I'm trying to figure out the difference between the IS MKII lens and the IS STM lens.

Specifically, I am looking at the Canon EF-S 18-55mm f/3.5-5.6 lens. On that Amazon page, there are three options; of the EF-S, one is listed as IS MK II; the other is IS STM.

I'm still not sure which is best to purchase - given the comparable price - I have heard pros and cons of each.

I understand that STM is a newer lens technology w/ a stepper motor for focusing, if I understand correctly, on manual focus, rather than adjusting the focus directly, you adjust the focus ring, and the stepper motor brings the lens to that focus point.

I have read that STM can be slower to focus than USM - however, I don't think the MK II has USM. The STM is supposed to be quieter, and thus better for AF while filming video.

Since the STM lens is newer (I think), is there any reason to buy the MK II? (The MK II is actually more expensive on the page listed.) Are there benefits to it, or pitfalls to the STM that I should consider?

Side note; my camera is an older Rebel XS; I'm not sure if the STM will work fully with it.


3 Answers 3


According to the Wikipedia article comparing all Canon EF-S 18-55mm version the STM version has (in addition to the new STM motor) a new optical design (13 elements in 11 groups vs. 11 elements in 9 groups), internal focusing and an extra diaphragm blade (7 vs. 6)

So, the EF-S 18-55mm IS STM is not just the EF-S 18-55mm IS II with the new motor but a completely new lens that seams to be slightly better than the old design in every way.

Even if you don't need the advantage of the STM motor for video I see no reason to buy the older version (unless it's cheaper), I also don't see a compelling reason to upgrade for someone that already has the IS II but the new STM version is better.

BTW, you can usually buy seconds hand kit lenses for next to nothing because a lot of people want to get rid of them when they upgrade, a quick look on eBay shows that the EF-S 18-55mm IS II has been sold for as little as $40

  • 2
    The other significant advantage of the STM version is that it had a non-rotating front element, which makes using polarising or graduated filters much easier.
    – Philip Kendall
    Dec 24, 2014 at 14:53
  • thanks! good point about new/used though; i should look into used for a kit lens\
    – Nik
    Dec 28, 2014 at 16:47
  • Another (possible) disadvantage of the STM lens is that EOS bodies introduced prior to about 2012 aren't fully STM compatible.
    – Michael C
    Jun 19, 2015 at 1:28

The STM version is better because it has faster, smoother AF, and the front element does not rotate.
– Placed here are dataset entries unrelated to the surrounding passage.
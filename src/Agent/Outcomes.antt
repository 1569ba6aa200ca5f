-- ===== src/Agent/Outcomes.antt =====
-- What every run guarantees, by an invariant of its rounds: how a run ends, and what each way of
-- ending it reports.
mod Pieces
mod Answers
mod ToolRounds
pub mod Rounds
mod Tests
use ai_platform_mini.Prelude.{
  ℕ, suc, ◌+◌, ◌≤◌, ◌≡◌, refl, Bool, true, false, Option, none, some, List, length, Text, leb,
  if◌then◌else◌, arith,
}
use ai_platform_mini.Agent.Models.{
  RunStatus, StopReason, EventKind, AgentEvent, AgentState, AgentRunResult,
}
use ai_platform_mini.Agent.Events.{Run, append_event, finish}
use ai_platform_mini.Agent.Checks.{
  Outcome, Wait, Awaited, ended, stop, status_for, check_stop, await_controlled,
}
use ai_platform_mini.Agent.Log.{Log, is_stopped, append_event-Log}
use ai_platform_mini.Agent.Report.{Report, agrees, finish-Report}
use ai_platform_mini.Agent.Loop.Setting.{
  Options, Ended, finished, escaped, Flow, go, halt, ◌>>=◌, stop_run, stop_for, quota_failed,
  on_cancelled, on_error, value_or_end,
}
use ai_platform_mini.Agent.Loop.Turn.{over_budget}

-- A run between two operations, after `k` steps.
pub record IsRunning (o : Options) (k : ℕ) (r : Run) : Type 0 where
  pub log : Log r.events
  pub steps : length r.state.steps ≡ k
  pub within : over_budget o.token_budget r.state.token_usage ≡ false

-- The result of a run that was allowed `bound` steps.
pub record IsSound (o : Options) (bound : ℕ) (x : AgentRunResult) : Type 0 where
  pub report : Report x
  pub few_steps : length x.state.steps ≤ bound
  pub usage : x.token_usage ≡ x.state.token_usage
  pub budget :
      over_budget o.token_budget x.token_usage ≡ true
      → x.stop_reason ≡ StopReason.token_budget_exceeded

abbrev pub EndsSound : Options → ℕ → Ended → Type 0
EndsSound o bound (finished x) = IsSound o bound x
EndsSound o bound (escaped e) = Unit

abbrev pub Ensures {ℓ} : {A : Type ℓ} → Options → ℕ → (A → Type 0) → Flow A → Type 0
Ensures o bound P (go a) = P a
Ensures o bound P (halt e) = EndsSound o bound e

pub Ensures-bind {ℓ κ} :
    {A : Type ℓ} {B : Type κ} (o : Options) (bound : ℕ) (P : A → Type 0) (Q : B → Type 0)
    (m : Flow A) (f : A → Flow B)
    → Ensures o bound P m
    → ((a : A) → P a → Ensures o bound Q (f a))
    → Ensures o bound Q (m >>= f)
Ensures-bind o bound P Q (go a) f h k = k a h
Ensures-bind o bound P Q (halt e) f h k = h

-- `_await_controlled` and `_check_stop` stop a run for these reasons alone.
abbrev pub interrupts : StopReason → Bool
interrupts StopReason.external_cancelled = true
interrupts StopReason.deadline_exceeded = true
interrupts _ = false

abbrev pub Interrupts {ℓ} : {A : Type ℓ} → Awaited A → Type 0
Interrupts (stop reason) = interrupts reason ≡ true
Interrupts (ended o) = Unit

pub await_controlled-Interrupts {ℓ} : {A : Type ℓ} (w : Wait A) → Interrupts (await_controlled w)
unfolding await_controlled
await_controlled-Interrupts w = ground arith

pub check_stop-interrupts :
    (deadline : Option ℕ) (cancel : Bool) (now : ℕ) (reason : StopReason)
    → check_stop deadline cancel now ≡ some reason
    → interrupts reason ≡ true
unfolding check_stop
check_stop-interrupts deadline cancel now reason h = ground arith

module _ (clock : ℕ → ℕ) (o : Options) (bound : ℕ) where
  pub append_event-IsRunning :
      (k : ℕ) (r : Run) (e : AgentEvent)
      → is_stopped e.kind ≡ false
      → IsRunning o k r
      → IsRunning o k (append_event clock r e)
  append_event-IsRunning k r e not_stop i = record {
    log = append_event-Log clock r e i.log not_stop;
    steps = (unfold append_event in i.steps);
    within = (unfold append_event in i.within);
  }

  pub finish-IsSound :
      (r : Run) (status : RunStatus) (reason : StopReason) (answer error : Option Text)
      → Log r.events
      → length r.state.steps ≤ bound
      → (over_budget o.token_budget r.state.token_usage ≡ true
          → reason ≡ StopReason.token_budget_exceeded)
      → agrees status reason answer error ≡ true
      → IsSound o bound (finish clock r status reason answer error)
  finish-IsSound r status reason answer error l few b a = record {
    report = finish-Report clock r status reason answer error l a;
    few_steps = (unfold finish in few);
    usage = (unfold finish in refl);
    budget = (unfold finish in b);
  }

  module _ (k : ℕ) (few : k ≤ bound) (r : Run) (i : IsRunning o k r) where
    pub running_finish :
        (status : RunStatus) (reason : StopReason) (answer error : Option Text)
        → agrees status reason answer error ≡ true
        → IsSound o bound (finish clock r status reason answer error)
    running_finish status reason answer error a =
        finish-IsSound r status reason answer error i.log (omega (arith, i.steps))
          (λ over. cc (over, i.within)) a

    pub stop_for_sound :
        (reason : StopReason)
        → interrupts reason ≡ true
        → EndsSound o bound (stop_for clock r reason)
    unfolding stop_for
    stop_for_sound StopReason.external_cancelled h = running_finish _ _ none none refl
    stop_for_sound StopReason.deadline_exceeded h = running_finish _ _ none none refl
    stop_for_sound _ h = absurd (cc h)

    pub quota_failed_sound : EndsSound o bound (quota_failed clock r)
    unfolding quota_failed
    quota_failed_sound = running_finish _ _ none _ refl

    pub on_cancelled_sound : (quota : Bool) → EndsSound o bound (on_cancelled clock r quota)
    unfolding on_cancelled
    on_cancelled_sound true = quota_failed_sound
    on_cancelled_sound false = running_finish _ _ none none refl

    pub on_error_sound : (e : Text) → EndsSound o bound (on_error clock r e)
    unfolding on_error
    on_error_sound e = running_finish _ _ none (some e) refl

    pub value_or_end-Ensures {ℓ} :
        {A : Type ℓ} (a : Awaited A)
        → Interrupts a
        → Ensures o bound (λ v. Unit) (value_or_end clock r a)
    unfolding value_or_end
    value_or_end-Ensures (stop reason) h = stop_for_sound reason h
    value_or_end-Ensures (ended (Outcome.returned v)) h = tt
    value_or_end-Ensures (ended (Outcome.cancelled quota)) h = on_cancelled_sound quota
    value_or_end-Ensures (ended Outcome.quota_exceeded) h = quota_failed_sound
    value_or_end-Ensures (ended (Outcome.failed e)) h = on_error_sound e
The optics are also improved which gives you better image quality.

The STM focus ring is active during Auto Focus and you can small manual adjustments to focus. This is called Full Time Manual Focus.

The STM version also has a much nicer EW-63C lens hood.

enter image description here

  • Honestly, with a lens that zooms 3x form 18-55mm, the shape of the hood is fairly irrelevant to all but the very widest focal length.
    – Michael C
    Oct 1, 2016 at 11:15

In general STM lenses have quieter and smoother focus than their non-STM counterparts, especially compared to USM lenses. If you are shooting video with 2012 or newer EOS body (from the 650D onward) then this is a distinct advantage. If you are shooting stills then the typically faster focus speed of the non-STM lens is more of an advantage. In the case of the EF-S 18-55mm f/3.5-5.6 IS II and the EF-S 18-55mm f/3.5-5.6 STM though, the STM is also slightly faster to focus than the older IS II.

In terms of manual focus, the STM lenses are all "focus-by-wire". This means there is no direct link between the manual focus ring and the lens' focus mechanism. Rather, the focus ring transmits a set of electronic instructions to the camera body which in turn sends electronic instructions to the lens to move the focus elements using the same motor as when the camera is focusing the lens automatically. The smallest amount of focus movement possible is one "step" of the stepping motor in the lens. It is possible, however, to manually focus (even if in "steps" by wire) without turning off AF via the switch on the side of the lens barrel. This is known as "full time manual focus". To do this you must first half press the shutter button or press the AF-ON button to activate the camera's focusing system before you can manually focus the lens. Note: Many older Canon bodies are not compatible with the newer STM lenses in terms of being able to continuously focus while recording video. EOS bodies released prior to about 2012, including your Rebel XS, do not have this continuous focus video capability.

The older 18-55mm IS II lens can only manually focus when the AF/M switch on the side of the lens barral is set to "M" (for manual) but lacks any full time manual focusing ability when the switch is set to "AF". However, the smallest amount of focus movement is only limited by the users ability to move the the focus ring a minute distance and an infinite number of focus positions are possible. And older APS-C EOS bodies that aren't fully compatible with STM lenses can use all of the auto focus and manual focus capabilities of the EF-S 18-55mm f/3.5-5.6 IS II.